Task description: Transcribe the records word for word, beginning with the first line and ending with the line that contains "IsTime z c = (t"; include nothing else.

----- Information provided -----

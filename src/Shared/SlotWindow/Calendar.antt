-- ===== src/Shared/SlotWindow/Calendar.antt =====
-- What the slot windows rely on of the engine's dates, in a zone without summer time.
use do_an_tot_nghiep.Base.{ℕ, ◌≤◌, ◌≡◌, true}
use do_an_tot_nghiep.Base.Text.{Text, text_leb, text_ltb}
use do_an_tot_nghiep.Shared.SlotWindow.{Engine, Window, add_local_days}

-- The text is the date, or the time, of some instant.
abbrev pub IsDate : Engine → Text → Type 0
IsDate z d = (t : ℕ) × ((z.local_parts t).date ≡ d)

abbrev IsTime : Engine → Text → Type 0
IsTime z c = (t : ℕ) × ((z.local_parts t).time ≡ c)

-- A date and a time name an instant that has them; a later instant has a later date, or the same
-- date and a time that is not earlier; and a day of 24 hours on is the next date.
pub record IsCalendar (z : Engine) : Type 0 where
  pub same_date : (d c : Text) → IsDate z d → IsTime z c → (z.local_parts (z.instant d c)).date ≡ d
  pub same_time : (d c : Text) → IsDate z d → IsTime z c → (z.local_parts (z.instant d c)).time ≡ c
  pub later_date : (t u : ℕ) → t ≤ u → text_leb (z.local_parts t).date (z.local_parts u).date ≡ true
  pub later_time :
      (t u : ℕ)
      → t ≤ u
      → (z.local_parts t).date ≡ (z.local_parts u).date
      → text_leb (z.local_parts t).time (z.local_parts u).time ≡ true
  pub next_date : (d : Text) → IsDate z d → text_ltb d (add_local_days z d 1) ≡ true
  pub no_date_between :
      (d e : Text)
      → IsDate z d
      → IsDate z e
      → text_ltb d e ≡ true
      → text_leb (add_local_days z d 1) e ≡ true

-- A window of valid dates and times, each pair in order.
pub record IsWindow (z : Engine) (slot : Window) : Type 0 where
  pub start_date : IsDate z slot.start_date
  pub start_time : IsTime z slot.start_time
  pub dates : text_leb slot.start_date slot.end_date ≡ true
  pub times : text_leb slot.start_time slot.end_time ≡ true
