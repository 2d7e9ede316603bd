-- ===== src/Subsystem/Segments.antt =====
-- The part of `load` (nre/libs/libstdc++/subsystem/ChildManager.cc) that checks the headers of a
-- program and copies its segments. The headers are what the memory of the file holds.
pub mod Inside
mod Tests
use nre.Base.{
  ℕ, zero, suc, ◌+◌, ◌*◌, ◌/◌, ◌%◌, ◌^◌, Bool, not, Option, none, some, List, [], ◌∷◌, ltb, ◌==◌,
  if◌then◌else◌, bit_and, bit_or, add64, sub64,
}
use nre.Math.{round_up}
use nre.Child.{page_size, own}

-- `sizeof(ElfPh)`
abbrev pub header_size : ℕ
header_size = 56

pub record ElfPh : Type 0 where
  pub p_type : ℕ
  pub p_offset : ℕ
  pub p_vaddr : ℕ
  pub p_filesz : ℕ
  pub p_memsz : ℕ
  pub p_flags : ℕ

-- The file in memory: its address and size, and where its headers are.
pub record Elf : Type 0 where
  pub addr : ℕ
  pub size : ℕ
  pub e_phoff : ℕ
  pub e_phentsize : ℕ
  pub header : ℕ → ElfPh

-- A segment: the bytes that are copied to the beginning of its dataspace, the bytes behind them that
-- are set to zero, the size of the dataspace, and where the child sees it.
pub record Segment : Type 0 where
  pub from : ℕ
  pub copied : ℕ
  pub zeroed : ℕ
  pub space : ℕ
  pub virt : ℕ
  pub perms : ℕ

-- `PF_R`, `PF_W` and `PF_X` are 4, 2 and 1, and `ChildMemory::R`, `W` and `X` are 1, 2 and 4.
pub perms_of : ℕ → ℕ
perms_of flags =
    let r = if bit_and flags 4 == 0 then own else bit_or own 1 in
    let w = if bit_and flags 2 == 0 then r else bit_or r 2 in
    if bit_and flags 1 == 0 then w else bit_or w 4

pub segment_of : Elf → ElfPh → Segment
unfolding perms_of
segment_of elf ph = record {
  from = add64 elf.addr ph.p_offset;
  copied = ph.p_filesz;
  zeroed = sub64 ph.p_memsz ph.p_filesz;
  space = round_up ph.p_memsz page_size;
  virt = ph.p_vaddr;
  perms = perms_of ph.p_flags;
}

pub outside_binary : Elf → ℕ → Bool
outside_binary elf i =
    ltb (add64 elf.addr elf.size)
      (add64 (add64 (add64 elf.addr elf.e_phoff) (i * elf.e_phentsize)) header_size)

-- The loop over so many headers from the index `i` on; `none` is the exception E_ELF_INVALID.
pub load_segments : ℕ → ℕ → Elf → Option (List Segment)
unfolding outside_binary segment_of
load_segments zero i elf = some []
load_segments (suc left) i elf =
    let rest = load_segments left (suc i) elf in
    let ph = elf.header i in
    if outside_binary elf i
    then none
    else if not (ph.p_type == 1)
    then rest
    else if ltb elf.size (add64 ph.p_offset ph.p_filesz)
    then none
    else elim rest [ none ↦ none | some segments ↦ some (segment_of elf ph ∷ segments) ]
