-- ===== src/Subsystem/Segments/Inside.antt =====
-- Where the segments of a program lie.
use nre.Base.{
  ℕ, zero, suc, ◌+◌, ◌%◌, ◌^◌, ◌≤◌, ◌<◌, ◌≡◌, refl, arith, Bool, true, false, not, Option, none,
  some, List, [], ◌∷◌, ltb, ◌==◌, if◌then◌else◌, add64, All,
}
use mathlib.Core.Option.{some-injective}
use mathlib.Core.Path.{subst}
use nre.Math.Rounding.{round_up_lem}
use nre.Child.{page_size}
use nre.Subsystem.Segments.{ElfPh, Elf, Segment, segment_of, outside_binary, load_segments}

-- A header of which the source relies on that its file has no more bytes than its memory, and that its
-- numbers do not pass the end of the address space.
abbrev pub IsSane : ElfPh → Type 0
IsSane ph =
    (ph.p_filesz ≤ ph.p_memsz)
    × (ph.p_offset + ph.p_filesz < 2 ^ 64)
    × (ph.p_memsz + page_size ≤ 2 ^ 64)

-- The copied bytes are in the file, and they and the zeroed ones in the dataspace, which is whole pages.
abbrev pub Within : Elf → Segment → Type 0
Within elf s =
    (elf.addr ≤ s.from)
    × (s.from + s.copied ≤ elf.addr + elf.size)
    × (s.copied + s.zeroed ≤ s.space)
    × (s.space % page_size ≡ 0)

segment_of-Within :
    (elf : Elf) (ph : ElfPh)
    → elf.addr + elf.size < 2 ^ 64
    → IsSane ph
    → add64 ph.p_offset ph.p_filesz ≤ elf.size
    → Within elf (segment_of elf ph)
unfolding segment_of
segment_of-Within elf ph ends (less, fits, room) inside =
    let (whole, above, below) = round_up_lem 12 ph.p_memsz (omega arith) (omega (arith, room)) in
    (
      omega (arith, ends, fits, inside),
      omega (arith, ends, fits, inside),
      omega (arith, less, above, room),
      whole,
    )

if-Within :
    (b : Bool) (elf : Elf) (r s : Option (List Segment)) (segments : List Segment)
    → (if b then r else s) ≡ some segments
    → (b ≡ true → r ≡ some segments → All (Within elf) segments)
    → (b ≡ false → s ≡ some segments → All (Within elf) segments)
    → All (Within elf) segments
if-Within true elf r s segments e f g = f refl e
if-Within false elf r s segments e f g = g refl e

cons-Within :
    (rest : Option (List Segment)) (elf : Elf) (s : Segment) (segments : List Segment)
    → (elim rest [ none ↦ none | some l ↦ some (s ∷ l) ]) ≡ some segments
    → Within elf s
    → ((l : List Segment) → rest ≡ some l → All (Within elf) l)
    → All (Within elf) segments
cons-Within none elf s segments e first others = absurd (ground (arith, e))
cons-Within (some l) elf s segments e first others =
    subst (All (Within elf)) (some-injective _ _ e) (first, others l refl)

-- A file below 2 ^ 64 whose headers have no more bytes in the file than in memory, and numbers that
-- do not pass 2 ^ 64: if `load` takes it, then every segment is copied from within the file to within
-- its dataspace, and the bytes that are set to zero are in it as well.
pub load_segments-Within :
    (left i : ℕ) (elf : Elf) (segments : List Segment)
    → elf.addr + elf.size < 2 ^ 64
    → ((j : ℕ) → j < i + left → IsSane (elf.header j))
    → load_segments left i elf ≡ some segments
    → All (Within elf) segments
unfolding load_segments
load_segments-Within zero i elf segments ends sane e =
    subst (All (Within elf)) (some-injective _ _ e) tt
load_segments-Within (suc left) i elf segments ends sane e =
    let ph = elf.header i in
    if-Within (outside_binary elf i) elf _ _ segments e (λ _ f. absurd (ground (arith, f)))
      (λ _ f.
        if-Within (not (ph.p_type == 1)) elf _ _ segments f
          (λ _ g.
            load_segments-Within left (suc i) elf segments ends (λ j l. sane j (omega (arith, l)))
              g)
          (λ _ g.
            if-Within (ltb elf.size (add64 ph.p_offset ph.p_filesz)) elf _ _ segments g
              (λ _ h. absurd (ground (arith, h)))
              (λ n h.
                cons-Within (load_segments left (suc i) elf) elf (segment_of elf ph) segments h
                  (segment_of-Within elf ph ends (sane i (omega arith)) (ground (arith, n)))
                  (λ l k.
                    load_segments-Within left (suc i) elf l ends (λ j o. sane j (omega (arith, o)))
                      k))))

-- A file below 2 ^ 64 with one header, of a segment of less than 2 ^ 63 bytes within the file, with
-- more bytes in the file than in memory, with a page to spare: `load` takes it, and copies more bytes
-- than the dataspace has; and so many bytes are set to zero behind them that the number passes the
-- half of the address space.
pub load_segments-overflow :
    (elf : Elf)
    → elf.addr + elf.size < 2 ^ 64
    → elf.addr + elf.e_phoff + 56 ≤ elf.addr + elf.size
    → (elf.header 0).p_type ≡ 1
    → (elf.header 0).p_offset + (elf.header 0).p_filesz ≤ elf.size
    → (elf.header 0).p_memsz + page_size ≤ (elf.header 0).p_filesz
    → (elf.header 0).p_filesz < 2 ^ 63
    → (s : Segment) × (load_segments 1 0 elf ≡ some (s ∷ []))
      × (s.space < s.copied)
      × (2 ^ 63 < s.zeroed)
unfolding load_segments outside_binary segment_of
load_segments-overflow elf ends head load inside more half =
    let ph = elf.header 0 in
    let reads : outside_binary elf 0 ≡ false = ground (arith, ends, head) in
    let accepts : ltb elf.size (add64 ph.p_offset ph.p_filesz) ≡ false =
      ground (arith, inside, ends) in
    let loads : not (ph.p_type == 1) ≡ false = ground (arith, load) in
    let (whole, above, below) =
      round_up_lem 12 ph.p_memsz (omega arith) (omega (arith, more, half)) in
    (
      segment_of elf ph,
      rw (reads, load_segments) (rw loads (rw accepts refl)),
      omega (arith, below, more),
      omega (arith, more, half),
    )
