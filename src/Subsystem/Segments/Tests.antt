-- ===== src/Subsystem/Segments/Tests.antt =====
-- A file with one header.
use nre.Base.{ℕ, ◌^◌, ◌<◌, ◌≡◌, refl, arith, some, [], ◌∷◌, All}
use nre.Math.{round_up}
use nre.Subsystem.Segments.{Elf, Segment, segment_of, outside_binary, load_segments, perms_of}
use nre.Subsystem.Segments.Inside.{Within, load_segments-Within, load_segments-overflow}

abbrev file : ℕ → Elf
file memsz = record {
  addr = 0x40000;
  size = 0x4000;
  e_phoff = 64;
  e_phentsize = 56;
  header = λ i. record {
    p_type = 1;
    p_offset = 0x1000;
    p_vaddr = 0x400000;
    p_filesz = 0x2200;
    p_memsz = memsz;
    p_flags = 5;
  };
}

abbrev loaded : Segment
loaded = record {
  from = 0x41000;
  copied = 0x2200;
  zeroed = 0x300;
  space = 0x3000;
  virt = 0x400000;
  perms = 0x15;
}

load_run : load_segments 1 0 (file 0x2500) ≡ some (loaded ∷ [])
unfolding load_segments outside_binary segment_of perms_of round_up
load_run = refl

load_segments-Within_example : All (Within (file 0x2500)) (loaded ∷ [])
load_segments-Within_example =
    load_segments-Within 1 0 (file 0x2500) (loaded ∷ []) (omega arith)
      (λ j h. (omega arith, omega arith, omega arith)) load_run

load_segments-overflow_example :
    (s : Segment) × (load_segments 1 0 (file 0x1000) ≡ some (s ∷ []))
    × (s.space < s.copied)
    × (2 ^ 63 < s.zeroed)
load_segments-overflow_example =
    load_segments-overflow (file 0x1000) (omega arith) (omega arith) refl (omega arith)
      (omega arith) (omega arith)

-----

Answer box:
filename src/Shared/SlotWindow/Calendar.antt
-- ===== src/Shared/SlotWindow/Calendar.antt =====
-- What the slot windows rely on of the engine's dates, in a zone without summer time.
use do_an_tot_nghiep.Base.{ℕ, ◌≤◌, ◌≡◌, true}
use do_an_tot_nghiep.Base.Text.{Text, text_leb, text_ltb}
use do_an_tot_nghiep.Shared.SlotWindow.{Engine, Window, add_local_days}

-- The text is the date, or the time, of some instant.
abbrev pub IsDate : Engine → Text → Type 0
IsDate z d = (t : ℕ) × ((z.local_parts t).date ≡ d)

abbrev IsTime : Engine → Text → Type 0
IsTime z c = (t : ℕ) × ((z.local_parts t).time ≡ c)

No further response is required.